Что-то странное творилось там — внутри большой России.

Большевики призывали студенчество с началом учебного года прекратить забастовку: ЦК партии рекомендовал горячей молодежи не забегать впереди рабочего класса, а ориентироваться исключительно на стачечные гудки заводов. Но гудки эти, столь зычно ревевшие после Кровавого воскресенья, оживали только на рассветах, призывая рабочий люд к станкам.

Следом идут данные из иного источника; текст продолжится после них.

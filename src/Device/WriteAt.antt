-- ===== src/Device/WriteAt.antt =====
-- What `WriteAtCtx` changes, byte by byte.
use viperblock.Prelude.{
  ℕ, zero, suc, ◌+◌, ◌-◌, ◌*◌, ◌/◌, ◌%◌, ◌≤◌, ◌<◌, ◌≡◌, refl, sym, ap, subst, ◌∙◌, ◌&&◌, ◌||◌, Bool,
  true, false, none, some, Option, arith, ltb, leb, ◌==◌, if◌then◌else◌, length, get_or, Bool-cases,
  inl, inr,
}
use native.Mathlib.Nat.{div-add-mod'}
use viperblock.Words.{u64, add64, sub64}
use viperblock.Bytes.{Bytes}
use viperblock.Device.Buffer.{passed, mul_le, rows_below}
use viperblock.Device.Decode.{IsCodec}
use viperblock.Device.Read.{Volume}
use viperblock.Device.Collect.{found_of}
use viperblock.Device.Layers.{World, IsBacked, image}
use viperblock.Device.ReadAt.{blocks_of, rows_of}
use viperblock.Device.Write.{
  Device, Env, Gate, WriteError, Written, write_block, write_blocks, finish_write, write_at,
}
use viperblock.Device.Splice.{IsDevice}
use viperblock.Device.WriteBlock.{IsInMemory, asked, write_block-IsSpliced}

module _ (vb : Volume) (world : World) (offset : ℕ) (bytes : Bytes) where
  -- byte `k` of block `j` where `here` says whether the request replaces it
  abbrev pub rewritten : Device → ℕ → ℕ → Bool → ℕ
  rewritten d j k here =
      if here
      then get_or bytes (j * vb.codec.block_size + k - offset) 0
      else image vb world d.memory.store j k

merge :
    (one later all ask : Bool) (x y' y : ℕ)
    → y' ≡ (if one && ask then x else y)
    → (one || later) ≡ all
    → (if later && ask then x else y') ≡ (if all && ask then x else y)
merge true true all true x y' y e q = ground (arith, e, q)
merge true true all false x y' y e q = ground (arith, e, q)
merge true false all ask x y' y e q = ground (arith, e, q)
merge false later all ask x y' y e q = ground (arith, e, q)

module _ (vb : Volume) (world : World) (codec : IsCodec vb.codec) (envs : ℕ → Env) (offset : ℕ)
    (bytes : Bytes) (backed : (b : ℕ) → IsBacked vb world (envs b).backend)
    (inside : offset + length bytes + vb.codec.block_size < u64) where
  -- every one of `n` blocks from `b` has a byte of the request
  abbrev Touched : ℕ → ℕ → Type 0
  Touched b n =
      (i : ℕ)
      → b ≤ i
      → i < b + n
      → (i * vb.codec.block_size < offset + length bytes)
        × (offset < i * vb.codec.block_size + vb.codec.block_size)

  -- the effect of the loop over `n` blocks from `b`
  record IsRewritten (b n : ℕ) (d d' : Device) : Type 0 where
    ready : IsDevice vb d'
    fresh : (j : ℕ) → b ≤ j → j < b + n → IsInMemory vb d' j
    stays : (j : ℕ) → IsInMemory vb d j → IsInMemory vb d' j
    bytes_at :
        (j k : ℕ)
        → k < vb.codec.block_size
        → image vb world d'.memory.store j k
          ≡ rewritten vb world offset bytes d j k
              ((leb b j && ltb j (b + n)) && asked vb world codec offset bytes j k)

  continues :
      (error : Option WriteError) (d₁ d' : Device) (rest : Device × Option WriteError)
      → elim error [ some e ↦ (d₁, some e) | none ↦ rest ] ≡ (d', none)
      → (error ≡ none) × (rest ≡ (d', none))
  continues none d₁ d' rest h = (refl, h)
  continues (some e) d₁ d' rest h = absurd (clash (ap (λ t. t.1) h))
    where
      clash : some e ≡ none → ⊥
      clash q = cc

  write_blocks-IsRewritten :
      (n b : ℕ) (d d' : Device)
      → Touched b n
      → IsDevice vb d
      → d.counter.seq_num + n < u64
      → write_blocks vb envs offset bytes b n d ≡ (d', none)
      → IsRewritten b n d d'
  unfolding write_blocks
  write_blocks-IsRewritten zero b d d' touched ready room h =
      subst (IsRewritten b zero d) (ap (λ t. t.0) h) (record {
        ready = ready;
        fresh = λ j l u. absurd (omega (arith, l, u));
        stays = λ j held. held;
        bytes_at = λ j k l. sym (unasked j k);
      })
    where
      unasked :
          (j k : ℕ)
          → rewritten vb world offset bytes d j k
              ((leb b j && ltb j (b + 0)) && asked vb world codec offset bytes j k)
            ≡ image vb world d.memory.store j k
      unasked j k =
          passed ((leb b j && ltb j (b + 0)) && asked vb world codec offset bytes j k)
            (get_or bytes (j * vb.codec.block_size + k - offset) 0)
            (image vb world d.memory.store j k) (ground arith)
  write_blocks-IsRewritten (suc n) b d d' touched ready room h =
      let step = write_block vb (envs b) offset bytes b d in
      let rest = write_blocks vb envs offset bytes (suc b) n step.0 in
      let (fine, more) = continues step.1 step.0 d' rest h in
      let (before, after) = touched b (omega arith) (omega arith) in
      let one =
        write_block-IsSpliced vb world codec offset bytes b before after (envs b) d step.0
          (backed b) ready (omega (arith, room)) (omega (arith, before, inside))
          (omega (arith, inside)) (ap (λ e. (step.0, e)) fine) in
      let later =
        write_blocks-IsRewritten n (suc b) step.0 d'
          (λ i l u. touched i (omega (arith, l)) (omega (arith, u))) one.ready
          (omega (arith, one.counted, room)) more in
      record {
        ready = later.ready;
        fresh = λ j l u. elim (Bool-cases (b == j)) [
          | inl here ↦ later.stays j (subst (IsInMemory vb step.0) (ground (arith, here)) one.fresh)
          | inr other ↦ later.fresh j (ground (arith, other, l)) (omega (arith, u))
        ];
        stays = λ j held. later.stays j (one.stays j held);
        bytes_at = λ j k l.
            later.bytes_at j k l
            ∙ merge (b == j) (leb (suc b) j && ltb j (suc b + n)) (leb b j && ltb j (b + suc n))
                (asked vb world codec offset bytes j k)
                (get_or bytes (j * vb.codec.block_size + k - offset) 0)
                (image vb world step.0.memory.store j k) (image vb world d.memory.store j k)
                (one.bytes_at j k l) (ground arith);
      }

  abbrev first : ℕ
  first = offset / vb.codec.block_size

  abbrev blocks : ℕ
  blocks = blocks_of vb.codec.block_size offset (length bytes)

  module _ (some_bytes : 0 < length bytes) where
    rows :
        (first * vb.codec.block_size + offset % vb.codec.block_size ≡ offset)
        × (offset % vb.codec.block_size < vb.codec.block_size)
        × (first ≤ (offset + length bytes - 1) / vb.codec.block_size)
        × (offset + length bytes ≤ (first + blocks) * vb.codec.block_size)
        × (first + blocks < u64)
    rows =
        rows_of vb.codec.block_size offset (length bytes) codec.positive some_bytes
          (omega (arith, inside))

    all-Touched : Touched first blocks
    all-Touched i l u =
        let size = vb.codec.block_size in
        let end = offset + length bytes - 1 in
        let (split, low, order, over, top) = rows in
        let last : i ≤ end / size = omega (arith, u, order) in
        (
          omega (arith, mul_le i (end / size) size last, div-add-mod' end size, some_bytes),
          omega (arith, mul_le first i size l, split, low),
        )

    only_asked :
        (j k : ℕ)
        → k < vb.codec.block_size
        → ((leb first j && ltb j (first + blocks)) && asked vb world codec offset bytes j k)
          ≡ asked vb world codec offset bytes j k
    only_asked j k l =
        let size = vb.codec.block_size in
        let (split, low, order, over, top) = rows in
        elim (Bool-cases (leb first j)) [
          | inr before ↦
              let row = rows_below j first size (ground (arith, before)) in
              ground (arith, before, row, split, l)
          | inl from ↦ elim (Bool-cases (ltb j (first + blocks))) [
            | inl to ↦ ground (arith, from, to)
            | inr past ↦
                let row = mul_le (first + blocks) j size (ground (arith, past)) in
                ground (arith, from, past, row, over)
          ]
        ]

  past :
      (c : Bool) (e : WriteError) (d d' : Device) (rest : Device × Written)
      → (if c then (d, Written.refused e) else rest) ≡ (d', Written.written)
      → (c ≡ false) × (rest ≡ (d', Written.written))
  past true e d d' rest h = absurd (clash (ap (λ t. t.1) h))
    where
      clash : Written.refused e ≡ Written.written → ⊥
      clash q = cc
  past false e d d' rest h = (refl, h)

  finished :
      (gate : Gate) (n size : ℕ) (r : Device × Option WriteError) (d' : Device)
      → finish_write gate n size r ≡ (d', Written.written)
      → (d₁ : Device) × (r ≡ (d₁, none)) × (record d₁ { pending_bytes = d'.pending_bytes } ≡ d')
  unfolding finish_write
  finished gate n size (d₁, some e) d' h = absurd (clash (ap (λ t. t.1) h))
    where
      clash : Written.refused e ≡ Written.written → ⊥
      clash q = cc
  finished gate n size (d₁, none) d' h =
      let at = ap (λ t. t.0) h in
      (
        d₁,
        refl,
        ap (λ p. record d₁ { pending_bytes = p }) (sym (ap (λ t. t.pending_bytes) at)) ∙ at,
      )

  -- a write that is not refused
  pub accepted :
      (gate : Gate) (d d' : Device)
      → write_at vb gate envs offset bytes d ≡ (d', Written.written)
      → (0 < length bytes)
        × (offset + length bytes ≤ vb.size)
        × (finish_write gate blocks vb.codec.block_size
              (write_blocks vb envs offset bytes first blocks d)
            ≡ (d', Written.written))
  unfolding write_at
  accepted gate d d' h =
      let (room, h₁) = past (gate.backend_full || gate.backend_near_full) _ d d' _ h in
      let (low, h₂) = past (ltb vb.size offset) _ d d' _ h₁ in
      let (high, h₃) = past (ltb vb.size (add64 offset (length bytes))) _ d d' _ h₂ in
      let (some_bytes, rest) = past (length bytes == 0) _ d d' _ h₃ in
      let sum : add64 offset (length bytes) ≡ offset + length bytes = omega (arith, inside) in
      let filled : 0 < length bytes = ground (arith, some_bytes) in
      let (split, below, order, over, top) = rows filled in
      let last : sub64 (add64 offset (length bytes)) 1 ≡ offset + length bytes - 1 =
        omega (arith, sum, filled, inside) in
      let count : suc (sub64 (add64 offset (length bytes)) 1 / vb.codec.block_size) - first
          ≡ blocks =
        ap (λ x. suc (x / vb.codec.block_size) - first) last ∙ omega (arith, order) in
      (
        filled,
        ground (arith, high, sum),
        subst
            (λ n.
              finish_write gate n vb.codec.block_size (write_blocks vb envs offset bytes first n d)
              ≡ (d', Written.written))
            count rest,
      )

  -- the loop of a write that is not refused
  looped :
      (gate : Gate) (d d' : Device)
      → IsDevice vb d
      → d.counter.seq_num + blocks < u64
      → write_at vb gate envs offset bytes d ≡ (d', Written.written)
      → (d₁ : Device) × IsRewritten first blocks d d₁
        × (record d₁ { pending_bytes = d'.pending_bytes } ≡ d')
  looped gate d d' ready room h =
      let (some_bytes, within, done) = accepted gate d d' h in
      let (d₁, loop, at) =
        finished gate blocks vb.codec.block_size (write_blocks vb envs offset bytes first blocks d)
          d' done in
      (d₁, write_blocks-IsRewritten blocks first d d₁ (all-Touched some_bytes) ready room loop, at)

  -- Every block of the request is found in memory after it.
  pub write_at-IsInMemory :
      (gate : Gate) (d d' : Device) (j : ℕ)
      → IsDevice vb d
      → d.counter.seq_num + blocks < u64
      → write_at vb gate envs offset bytes d ≡ (d', Written.written)
      → first ≤ j
      → j < first + blocks
      → IsInMemory vb d' j
  write_at-IsInMemory gate d d' j ready room h l u =
      let (d₁, done, at) = looped gate d d' ready room h in
      let (c, found) = done.fresh j l u in
      (c, ap (λ x. found_of vb x.memory.store j) (sym at) ∙ found)

  -- A write that succeeds makes every byte of the request the caller's and leaves every other byte
  -- of the volume as it was, whether it is found in memory, on a chunk of the volume, in the base
  -- snapshot or in an ancestor; whole blocks and parts of blocks are written alike. The store
  -- stays well formed and sound. The volume's backend serves the bytes of its chunk objects or
  -- fails, the codec is sane, and the request, its last block and the sequence numbers that it
  -- takes fit 64 bits.
  pub write_at-IsRewritten :
      (gate : Gate) (d d' : Device)
      → IsDevice vb d
      → d.counter.seq_num + blocks_of vb.codec.block_size offset (length bytes) < u64
      → write_at vb gate envs offset bytes d ≡ (d', Written.written)
      → IsDevice vb d'
        × ((j k : ℕ)
            → k < vb.codec.block_size
            → image vb world d'.memory.store j k ≡ (
                if asked vb world codec offset bytes j k
                then get_or bytes (j * vb.codec.block_size + k - offset) 0
                else image vb world d.memory.store j k))
  write_at-IsRewritten gate d d' ready room h =
      let (some_bytes, within, end) = accepted gate d d' h in
      let (d₁, done, at) = looped gate d d' ready room h in
      (
        subst (IsDevice vb) at (record {
          valid = done.ready.valid;
          bounded = done.ready.bounded;
          sound = done.ready.sound;
        }),
        λ j k l.
            ap (λ x. image vb world x.memory.store j k) (sym at)
            ∙ done.bytes_at j k l
            ∙ ap (rewritten vb world offset bytes d j k) (only_asked some_bytes j k l),
      )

Самый спокойный месяц для царизма в 1905 году был сентябрь.

Казалось (и Мышецкий верил в это), революция медленно отступала, затравленно огрызаясь короткими стачками, всплесками экономических требований. Но студенты еще волновались, и Трепов велел вызвать из Москвы в Петербург ректора университета — князя Трубецкого. «Фитиль сделать, — поговаривали люди знающие, — чтобы унял своих студентов!» И не ошиблись: князю Трубецкому от «фитиля» стало худо. Зеленый портфель выпал из его руки.

Князь рухнул замертво. Без пульса…

Эта смерть погасила одну из ярких звезд российского либерализма: князь, философ и профессор, конечно же, был человеком, настроенным доброжелательно, он верил в прогресс и идеалы, схожие с идеалами людей, ему подобных. Оттого-то так горячо восприняла Россия падение этой «звезды», рухнувшей у порога треповского чистилища. Писались громадные некрологи, открывали портретами князя-философа сборники, посвященные его светлой памяти. «Великий жирондист умер!» — восклицал Милюков. «Умер в самом стане противника!» — подхватывали «Русские ведомости».

Погиб человек, который верил, что борьбу можно вести доводами моральных аксиом. Но компромисса между идеалами Человечества и сатрапией Диктатуры найти он не смог, и был сражен смертью на пороге диктатора… Ленин писал тогда:

«Бедный Трубецкой! Стремиться к народной свободе и умереть от „сцены“ в передней царского министра… Мы готовы допустить, что это слишком жестокая казнь даже для российского либерала. Но только, господа, не лучше ли …умирать в прямой, честной, открытой, просвещающей и воспитывающей народ, уличной борьбе с этими гадами, без уничтожения которых невозможна действительная свобода, чем умирать от „сцен“ при беседах с Треповыми…»

Император Николай II прислал на могилу венок с надписью:

ДОБЛЕСТНОМУ ГРАЖДАНИНУ

Но толпа студентов тут же разнесла его в мелкие клочья…

На обратном пути с Донского кладбища к демонстрации интеллигенции примкнули рабочие Москвы. Казаки карьером прошлись вдоль колонны людей, певших «Варшавянку». Полиция открыла огонь…

Именно так закончилась жизнь человека, который и не помышлял о нагайках и выстрелах.

Предгрозовое затишье сентября было расколото.